Comment on Fixpoint Semantics

- Horn programs have the model-intersection property. Thus, the intersection of all models of a Horn program, P, is also a model of P. This is the least model of P
- The least fixpoint of P coincides with the least model of P
- PRZYMUSINSKI. T. C. 1989. Every logic program has a natural stratification and an iterated least fixed point model. In Proceedings of the 8th ACM SIGACT-SIGMOD-SIGART Symposium on Principles of Database Systems (Philadelphia, Pa,, Mar. 29-31). ACM, New York, pp. 11-21

External Schemas

- External schemasserve as templates for externally defined terms. They are designed to also accommodate the ideas of procedural attachments and querying of external data sources.(Schema for external term).
- An external schema is a statement of the form (?X1 ... ?Xn; τ) where τ is a positional or a named-argument term.

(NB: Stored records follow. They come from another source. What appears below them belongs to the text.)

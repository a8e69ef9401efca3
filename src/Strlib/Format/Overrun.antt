-- ===== src/Strlib/Format/Overrun.antt =====
-- lstrlib.cpp: scanformat on a format that ends within its flags.
use cpplua.Prelude.{
  ℕ, zero, suc, ◌+◌, ◌≤◌, ◌<◌, ◌≡◌, refl, true, List, [], ◌∷◌, length, drop, get_or, All, leb,
  arith, Bool-cases, inl, inr,
}
use cpplua.Prelude.Outcome.{fault, ◌>>=◌}
use cpplua.Strlib.Pattern.{MatchState, char_at}
use cpplua.Strlib.Format.{is_flag, skip_flags, scanformat}

All-get_or :
    (xs : List ℕ) (p : ℕ) → All (λ c. is_flag c ≡ true) (drop p xs) → is_flag (get_or xs p 0) ≡ true
unfolding is_flag
All-get_or [] p h = refl
All-get_or (x ∷ xs) zero h = h.0
All-get_or (x ∷ xs) (suc p) h = All-get_or xs p h

All-drop :
    (xs : List ℕ) (p : ℕ)
    → All (λ c. is_flag c ≡ true) (drop p xs)
    → All (λ c. is_flag c ≡ true) (drop (p + 1) xs)
All-drop [] zero h = tt
All-drop [] (suc p) h = let e : suc p + 1 ≡ suc (p + 1) = omega arith in rw e tt
All-drop (x ∷ xs) zero h = h.1
All-drop (x ∷ xs) (suc p) h =
    let e : suc p + 1 ≡ suc (p + 1) = omega arith in rw e (All-drop xs p h)

skip_flags_overrun :
    (fmt : List ℕ) (fuel p : ℕ) (ms : MatchState)
    → All (λ c. is_flag c ≡ true) (drop p fmt)
    → p ≤ length fmt + 1
    → length fmt + 1 < p + fuel
    → skip_flags fmt fuel p ms ≡ fault
unfolding skip_flags char_at
skip_flags_overrun fmt zero p ms h k room = absurd (omega arith)
skip_flags_overrun fmt (suc fuel) p ms h k room = elim (Bool-cases (leb p (length fmt))) [
  | inl inside ↦
      rw (inside, char_at, ◌>>=◌, All-get_or fmt p h)
        (skip_flags_overrun fmt fuel (p + 1) ms (All-drop fmt p h) (ground (arith, inside))
          (omega arith))
  | inr past ↦ rw (past, char_at, ◌>>=◌)
]

-- The flags are looked for with strchr, which finds the 0 at the end of the format as well. A format that
-- ends in a % with nothing but flags behind is read past its end.
pub scanformat_overrun :
    (fmt : List ℕ) (start : ℕ) (ms : MatchState)
    → All (λ c. is_flag c ≡ true) (drop start fmt)
    → start ≤ length fmt
    → scanformat fmt start ms ≡ fault
unfolding scanformat
scanformat_overrun fmt start ms h k =
    rw (skip_flags_overrun fmt (length fmt + 2) start ms h (omega arith) (omega arith), ◌>>=◌)
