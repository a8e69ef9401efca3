-- ===== src/Strlib/Replace.antt =====
-- lstrlib.cpp: str_gsub, add_value and add_s.
pub mod Values
pub mod Ends
use cpplua.Prelude.{
  ℕ, zero, suc, ◌+◌, ◌-◌, Bool, true, false, ◌&&◌, Option, none, some, List, [], ◌∷◌, ◌++◌, length,
  take, drop, get_or, ltb, ◌==◌, if◌then◌else◌,
}
use cpplua.Prelude.Ctype.{isdigit}
use cpplua.Prelude.Int.{ℤ, pos, negsuc}
use cpplua.Prelude.Outcome.{◌>>=◌, pure, raise, stucks}
use cpplua.Strlib.Pattern.{
  MatchState, Matcher, char_at, invalid_capture_index, invalid_replacement, unexpected_replacement,
}
use cpplua.Strlib.Find.{Value, nil, num, str, slice, push_onecapture, push_captures, match_at}

-- what a table holds or a function returns: nil or false, a string or a number, or anything else
pub data Answer : Type 0 where
  falsy : Answer
  text : List ℕ → Answer
  other : Answer

-- the third argument; the lookup and the call run outside this file
pub data Replacement : Type 0 where
  template : List ℕ → Replacement
  table : (Value → Answer) → Replacement
  function : (List Value → Answer) → Replacement
  unusable : Replacement

-- `n < max_s`
unfoldable pub below : ℕ → ℤ → Bool
below n (pos m) = ltb n m
below n (negsuc m) = false

unfoldable pub append : List ℕ → List ℕ × ℕ → Matcher (List ℕ × ℕ)
append v (out, n) = pure (v ++ out, n)

module _ (src : List ℕ) where
  -- The end of a round after a match up to `e`, or after none where `e` is `s`; `next` is the loop.
  unfoldable pub advance : (ℕ → ℕ → Matcher (List ℕ × ℕ)) → Bool → ℕ → ℕ → ℕ → Matcher (List ℕ × ℕ)
  unfolding char_at append
  advance next anchor n s e =
      let go = λ (k : ℕ). if anchor then pure (drop k src, n) else next n k in
      if ltb s e
      then go e
      else if ltb s (length src)
      then (do c ← char_at src s; r ← go (s + 1); append (c ∷ []) r)
      else pure ([], n)

  unfoldable pub gsub_loop :
      ℕ → (ℕ → ℕ → Matcher (List ℕ)) → List ℕ → Bool → ℕ → ℤ → ℕ → ℕ → Matcher (List ℕ × ℕ)
  unfolding match_at below advance append
  gsub_loop zero add pat anchor p max_s n s = stucks
  gsub_loop (suc rounds) add pat anchor p max_s n s =
      if below n max_s
      then (do
        res ← match_at src pat s p
        elim res [
          | some e ↦ do
            v ← add s e
            r ← advance (gsub_loop rounds add pat anchor p max_s) anchor (n + 1) s e
            append v r
          | none ↦ advance (gsub_loop rounds add pat anchor p max_s) anchor n s s
        ])
      else pure (drop s src, n)

-- `number_text` is how a number reads as a string.
module _ (number_text : ℕ → List ℕ) (src : List ℕ) where
  unfoldable pub value_text : Value → List ℕ
  value_text nil = []
  value_text (num n) = number_text n
  value_text (str xs) = xs

  -- what add_s appends for the character `d` after a %; past the end it reads the final 0
  unfoldable pub add_escape : ℕ → ℕ → ℕ → Matcher (List ℕ)
  unfolding isdigit slice push_onecapture value_text
  add_escape d s e =
      if isdigit d
      then (if d == b'0'
          then slice src s (e - s)
          else (do v ← push_onecapture src (d - b'1') s e; pure (value_text v)))
      else pure (d ∷ [])

  unfoldable pub add_s : List ℕ → ℕ → ℕ → Matcher (List ℕ)
  unfolding add_escape
  add_s [] s e = pure []
  add_s (c ∷ []) s e = if c == b'%' then add_escape 0 s e else pure (c ∷ [])
  add_s (c ∷ d ∷ news) s e = do
    let after_one = add_s (d ∷ news) s e
    let after_two = add_s news s e
    if c == b'%'
        then (do x ← add_escape d s e; xs ← after_two; pure (x ++ xs))
        else (do xs ← after_one; pure (c ∷ xs))

  -- the end of add_value: nil and false keep the original text
  unfoldable pub add_answer : Answer → ℕ → ℕ → Matcher (List ℕ)
  unfolding slice
  add_answer falsy s e = slice src s (e - s)
  add_answer (text xs) s e = pure xs
  add_answer other s e = raise invalid_replacement

  unfoldable pub add_value : Replacement → ℕ → ℕ → Matcher (List ℕ)
  unfolding add_s push_captures push_onecapture add_answer
  add_value (template news) s e = add_s news s e
  add_value (function f) s e = do vs ← push_captures src true s e; add_answer (f vs) s e
  add_value (table f) s e = do v ← push_onecapture src 0 s e; add_answer (f v) s e
  add_value unusable s e = raise unexpected_replacement

  -- the new string and the number of substitutions
  unfoldable pub str_gsub : List ℕ → Replacement → Option ℤ → Matcher (List ℕ × ℕ)
  unfolding gsub_loop add_value
  str_gsub pat repl max_s =
      let anchor = get_or pat 0 0 == b'^' in
      gsub_loop src (length src + 2) (add_value repl) pat anchor (if anchor then 1 else 0)
        (elim max_s [ none ↦ pos (length src + 1) | some m ↦ m ]) 0 0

?X1 ... ?Xn is a list of all distinct variables that occur in τ

- The names of the variables in an external schema are immaterial, but their order is important. For instance, (?X ?Y; ?X[foo->?Y]) and (?V ?W; ?V[foo->?W]) are considered to be indistinguishable,

but (?X ?Y; ?X[foo->?Y]) and (?Y ?X; ?X[foo->?Y]) are different schemas.

External Schemas (2)

- A term t is an instantiation of an external schema (?X1 ... ?Xn; τ) iff t can be obtained from τ by a simultaneous substitution ?X1/s1 ... ?Xn/sn of the variables ?X1 ... ?Xn with terms s1 ... sn, respectively. Some of the terms si can be variables themselves. For example, ?Z[foo->f(a ?P)] is an instantiation of (?X ?Y; ?X[foo->?Y]) by the substitution ?X/?Z ?Y/f(a ?P).
- The intuition behind the notion of an external schema, such as (?X ?Y; ?X["foo"^^xs:string->?Y]) or (?V; "pred:isTime"^^rif:iri(?V)), is that ?X["foo"^^xs:string->?Y] or "pred:isTime"^^rif:iri(?V) are invocation patterns for querying external sources, and instantiations of those schemas correspond to concrete invocations.
- Thus, External("http://foo.bar.com"^^rif:iri["foo"^^xs:string->"123"^^xs:integer]) and External("pred:isTime"^^rif:iri("22:33:44"^^xs:time) are examples of invocations of external terms -- one querying an external source and another invoking a built-in.